**EXERCISE GOAL:**
Write down exactly the lines of the listing below, beginning with the one containing "unfoldable pub apply" and closing with the final line.
(TASK DATA begins)
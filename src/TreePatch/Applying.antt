-- ===== src/TreePatch/Applying.antt =====
-- rust/src/tree_patch_apply.rs: the target of a tree patch, rebuilt from its source.
pub mod Safety
use difz.Prelude.{
  ℕ, ◌-◌, ◌*◌, ◌^◌, Bool, true, false, not, List, [], ◌∷◌, ◌++◌, map, ltb, ◌==◌, length, get_elem?,
  is_some, if◌then◌else◌, Result, ok, err, ok_or, map_err, ◌>>=◌, ◌>>◌, reject,
}
use difz.Prelude.Bytes.{Bytes, bytes_eq}
use difz.Directory.Paths.{invalid_hardlink_relation}
use difz.Directory.Structure.{find_path, mode_from_bits}
use difz.Directory.Snapshot.{Content, directory, file, symlink, Entry, structure}
use difz.Directory.Canonical
use difz.Directory.Canonical.{CanonicalSnapshot}
use difz.File.Codec.{Native}
use difz.File.Header
use difz.File.Header.{Header}
use difz.File.Patch
use difz.TreePatch.{
  Error, limit_exceeded, out_of_memory, snapshot_error, file_error, source_hash_mismatch,
  target_hash_mismatch, missing_source_entry, source_kind_mismatch, Limits, default_limits,
}
use difz.TreePatch.Decoding
use difz.TreePatch.Decoding.{Operation, DecodedEntry}
use difz.TreePatch.Encoding.{masked}

pub record ApplyLimits : Type 0 where
  pub patch : Limits
  pub max_output_bytes : ℕ

abbrev pub default_apply : ApplyLimits
default_apply = record { patch = default_limits; max_output_bytes = 64 * 2 ^ 30 }

-- An entry that was rebuilt, and whether its bytes are `Cow::Owned`.
pub record Rebuilt : Type 0 where
  pub entry : Entry
  pub owned : Bool

-- `checked_sub`
unfoldable pub account : ℕ → ℕ → Result Error ℕ
account remaining n = if ltb remaining n then err limit_exceeded else ok (remaining - n)

abbrev pub bad_link : Error
bad_link = snapshot_error invalid_hardlink_relation

-- `let Content::File { bytes, .. } = … else { return Err(…) }`
unfoldable pub file_bytes : Error → Content → Result Error Bytes
file_bytes e (directory mode) = err e
file_bytes e (symlink target) = err e
file_bytes e (file mode bytes) = ok bytes

abbrev pub entries_of : List Rebuilt → List Entry
entries_of built = map (λ r. r.entry) built

module _ (native : Native) (reserve : ℕ → Bool) (blake3 : Bytes → Bytes) where
  -- The checks that come before a target over the budget is refused.
  unfoldable pub over_budget : Bytes → Header → Result Error Bytes
  over_budget source header = do
    reject (not (header.source_len == length source)) (file_error Patch.size_mismatch)
    reject (not (bytes_eq header.source_hash (blake3 source)))
        (file_error Patch.source_hash_mismatch)
    window ← map_err file_error (Patch.window_log (length source) header.target_len)
    err limit_exceeded

  unfoldable pub delta : Bytes → Bytes → ℕ → Result Error Bytes
  delta source patch remaining = do
    (header, frame) ← map_err (λ e. file_error (Patch.from_header e)) (Header.decode_prefix patch)
    if ltb remaining header.target_len
        then over_budget source header
        else map_err file_error (Patch.apply native reserve blake3 source patch 0)

  unfoldable pub source_bytes : List Entry → Bytes → Result Error Bytes
  source_bytes source path = do
    index ← ok_or (find_path (map structure source) path) missing_source_entry
    old ← ok_or (get_elem? source index) missing_source_entry
    file_bytes source_kind_mismatch old.content

  -- The link's bytes are a copy if the file's are owned.
  unfoldable pub link_to : List Rebuilt → Bytes → Result Error (Bytes × Bool)
  link_to built path = do
    index ← ok_or (find_path (map structure (entries_of built)) path) bad_link
    target ← ok_or (get_elem? built index) bad_link
    reject (is_some target.entry.metadata.metadata.hardlink_to) bad_link
    bytes ← file_bytes bad_link target.entry.content
    ok (bytes, target.owned)

  -- The content of one entry, whether it is owned, and what remains of the budget.
  unfoldable pub rebuild :
      List Entry → List Rebuilt → ℕ → DecodedEntry → ℕ → Result Error (Content × Bool × ℕ)
  rebuild source built remaining e mode = elim e.operation [
    | Operation.directory ↦ ok (directory mode, false, remaining)
    | Operation.symlink ↦ do
      left ← account remaining (length e.payload)
      ok (symlink e.payload, false, left)
    | Operation.file_raw ↦ do
      left ← account remaining (length e.payload)
      ok (file mode e.payload, false, left)
    | Operation.file_copy ↦ do
      bytes ← source_bytes source e.path
      left ← account remaining (length bytes)
      ok (file mode bytes, false, left)
    | Operation.file_delta ↦ do
      old ← source_bytes source e.path
      bytes ← delta old e.payload remaining
      left ← account remaining (length bytes)
      ok (file mode bytes, true, left)
    | Operation.file_hardlink ↦ do
      (bytes, owned) ← link_to built e.payload
      left ← account remaining (length bytes)
      if owned then reject (not (reserve (length bytes))) out_of_memory else ok tt
      ok (file mode bytes, owned, left)
  ]

  -- The loop over the entries of the patch.
  unfoldable pub rebuild_all :
      List Entry → List Rebuilt → ℕ → List DecodedEntry → Result Error (List Rebuilt)
  rebuild_all source built remaining [] = ok built
  rebuild_all source built remaining (e ∷ entries) = do
    mode ← map_err snapshot_error (mode_from_bits e.mode)
    (content, owned, left) ← rebuild source built remaining e mode
    let entry : Entry = record { path = e.path; content = content; metadata = e.metadata }
    rebuild_all source (built ++ record { entry = entry; owned = owned } ∷ []) left entries

  unfoldable pub apply : CanonicalSnapshot → Bytes → ApplyLimits → Result Error CanonicalSnapshot
  apply source patch limits = do
    parsed ← Decoding.decode reserve blake3 patch limits.patch
    compared ← masked native reserve blake3 source parsed.header.omit
    reject (not (bytes_eq (Canonical.hash blake3 compared) parsed.header.source_hash))
        source_hash_mismatch
    reject (not (reserve (length parsed.entries))) out_of_memory
    built ← rebuild_all source.snapshot.entries [] limits.max_output_bytes parsed.entries
    result ←
        map_err snapshot_error
          (Canonical.new (record { entries = entries_of built; root = parsed.root }))
    reject (not (bytes_eq (Canonical.hash blake3 result) parsed.header.target_hash))
        target_hash_mismatch
    ok result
(TASK DATA ends)
**SOLUTION TO THIS PROBLEM:**
  unfoldable pub apply : CanonicalSnapshot → Bytes → ApplyLimits → Result Error CanonicalSnapshot
  apply source patch limits = do
    parsed ← Decoding.decode reserve blake3 patch limits.patch
    compared ← masked native reserve blake3 source parsed.header.omit
    reject (not (bytes_eq (Canonical.hash blake3 compared) parsed.header.source_hash))
        source_hash_mismatch
    reject (not (reserve (length parsed.entries))) out_of_memory
    built ← rebuild_all source.snapshot.entries [] limits.max_output_bytes parsed.entries
    result ←
        map_err snapshot_error
          (Canonical.new (record { entries = entries_of built; root = parsed.root }))
    reject (not (bytes_eq (Canonical.hash blake3 result) parsed.header.target_hash))
        target_hash_mismatch
    ok result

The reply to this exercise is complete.